» **TASK STATEMENT**: Starting with the line containing "matcher-captures release p" and going on through the line containing "unfolding first_match new_target", return the lines of the data below exactly, and only those.

RECORDS SHOWN: Begin

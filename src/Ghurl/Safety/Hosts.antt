-- ===== src/Ghurl/Safety/Hosts.antt =====
-- The host allow list of internal/ghurl/ghurl.go (`hostCandidates`) and the loop over candidates.
use gh_proxy.Base.{
  Bool, true, ◌||◌, Option, none, some, List, [], ◌∷◌, ◌≡◌, refl, sym, map, arith, ◌⊎◌, inl, inr,
  Bool-cases, Option-cases, Bytes, All, codes, same, same_iff, List-cases, some_inj,
}
use gh_proxy.GoLib.Url.{Url}
use gh_proxy.Ghurl.Matchers.{
  Kind, invalid, release, blob, git, tags, raw, gist, owner_repo, owner_repo_if, first_segment,
  match_release, match_blob, match_git, match_tags, match_raw, match_gist,
}
use gh_proxy.Ghurl.Shape.{Shape}
use gh_proxy.Ghurl.Shape.Decide.{matcher, captures, matcher_iff}
use gh_proxy.Ghurl.Target.{Target, Candidate, host_candidates, first_match, new_target, second}
use gh_proxy.Ghurl.Safety.{Serves}

abbrev pub candidate : Kind → Candidate
candidate k = record { kind = k; match_path = matcher k }

two_captures :
    (accept : Bytes → Bool) (p : Bytes) {o : Bytes} (m : List Bytes)
    → owner_repo_if accept p ≡ o ∷ m
    → (owner_repo_if accept p ≡ o ∷ second m ∷ [])
unfolding owner_repo_if
two_captures accept p m h = elim (Option-cases (owner_repo p)) [
  | inl e ↦ absurd (ground arith)
  | inr ((o', r', rest), e) ↦ ground arith
]

matcher-captures :
    (k : Kind) (p : Bytes) {o : Bytes} (m : List Bytes)
    → matcher k p ≡ o ∷ m
    → matcher k p ≡ captures k o (second m)
unfolding match_release match_blob match_git match_tags match_raw match_gist
matcher-captures release p m h = two_captures _ p m h
matcher-captures blob p m h = two_captures _ p m h
matcher-captures git p m h = two_captures _ p m h
matcher-captures tags p m h = two_captures _ p m h
matcher-captures raw p m h = two_captures _ p m h
matcher-captures gist p m h = elim (Option-cases (first_segment p)) [
  | inl e ↦ absurd (ground arith)
  | inr ((o', rest), e) ↦ ground arith
]
matcher-captures invalid p m h = cc

module _ (P : Kind → Type 0) where
  pub first_match_sound :
      (ks : List Kind) (u : Url) {t : Target}
      → All P ks
      → first_match (map candidate ks) u ≡ some t
      → P t.kind × Shape t.kind u.path t.owner t.repo × (t.url ≡ u)
  unfolding first_match new_target
  first_match_sound [] u h e = cc
  first_match_sound (k ∷ ks) u {t} (pk, h) e = elim (List-cases (matcher k u.path)) [
    | inl em ↦ first_match_sound ks u h (rw (em, first_match) at e)
    | inr (o, m, em) ↦
        let made : new_target k o m u ≡ t = some_inj (rw (em, first_match) at e) in
        rw (← made)
          (pk, (matcher_iff k u.path o (second m)).0 (matcher-captures k u.path m em), refl)
  ]

one_of_two : (s a b : Bytes) → (same s a || same s b) ≡ true → (s ≡ a) ⊎ (s ≡ b)
one_of_two s a b h = ground (arith, same_iff s a, same_iff s b)

-- The candidates of a known host are of kinds that it serves.
pub host_candidates_sound :
    (h : Bytes) {host : Bytes} {cs : List Candidate}
    → host_candidates h ≡ some (host, cs)
    → (ks : List Kind) × (cs ≡ map candidate ks) × All (λ k. Serves k host) ks
unfolding host_candidates
host_candidates_sound h {host} {cs} e =
    elim (Bool-cases (same h (codes "github.com") || same h (codes "www.github.com"))) [
      | inl t ↦
          let found = some_inj (rw (t, host_candidates) at e) in
          let is_host = sym (λ i. (found i).0) in
          (
            release ∷ blob ∷ git ∷ tags ∷ [],
            sym (λ i. (found i).1),
            (is_host, (is_host, (is_host, (is_host, tt)))),
          )
      | inr t ↦
          elim (Bool-cases
            (same h (codes "raw.githubusercontent.com") || same h (codes "raw.github.com"))) [
              | inl t' ↦
                  let found = some_inj (rw (t, t', host_candidates) at e) in
                  (
                    raw ∷ [],
                    sym (λ i. (found i).1),
                    (rw (sym (λ i. (found i).0)) (one_of_two _ _ _ t'), tt),
                  )
              | inr t' ↦
                  elim (Bool-cases (
                    same h (codes "gist.github.com")
                    || same h (codes "gist.githubusercontent.com"))) [
                      | inl t'' ↦
                          let found = some_inj (rw (t, t', t'', host_candidates) at e) in
                          (
                            gist ∷ [],
                            sym (λ i. (found i).1),
                            (rw (sym (λ i. (found i).0)) (one_of_two _ _ _ t''), tt),
                          )
                      | inr t'' ↦ absurd (none_ne (rw (t, t', t'', host_candidates) at e))
                    ]
            ]
    ]
  where
    none_ne : ◌≡◌ {A = Option (Bytes × List Candidate)} none (some (host, cs)) → ⊥
    none_ne p = cc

RECORDS SHOWN: End

» **YOUR RESPONSE**:
matcher-captures release p m h = two_captures _ p m h
matcher-captures blob p m h = two_captures _ p m h
matcher-captures git p m h = two_captures _ p m h
matcher-captures tags p m h = two_captures _ p m h
matcher-captures raw p m h = two_captures _ p m h
matcher-captures gist p m h = elim (Option-cases (first_segment p)) [
  | inl e ↦ absurd (ground arith)
  | inr ((o', rest), e) ↦ ground arith
]
matcher-captures invalid p m h = cc

module _ (P : Kind → Type 0) where
  pub first_match_sound :
      (ks : List Kind) (u : Url) {t : Target}
      → All P ks
      → first_match (map candidate ks) u ≡ some t
      → P t.kind × Shape t.kind u.path t.owner t.repo × (t.url ≡ u)
  unfolding first_match new_target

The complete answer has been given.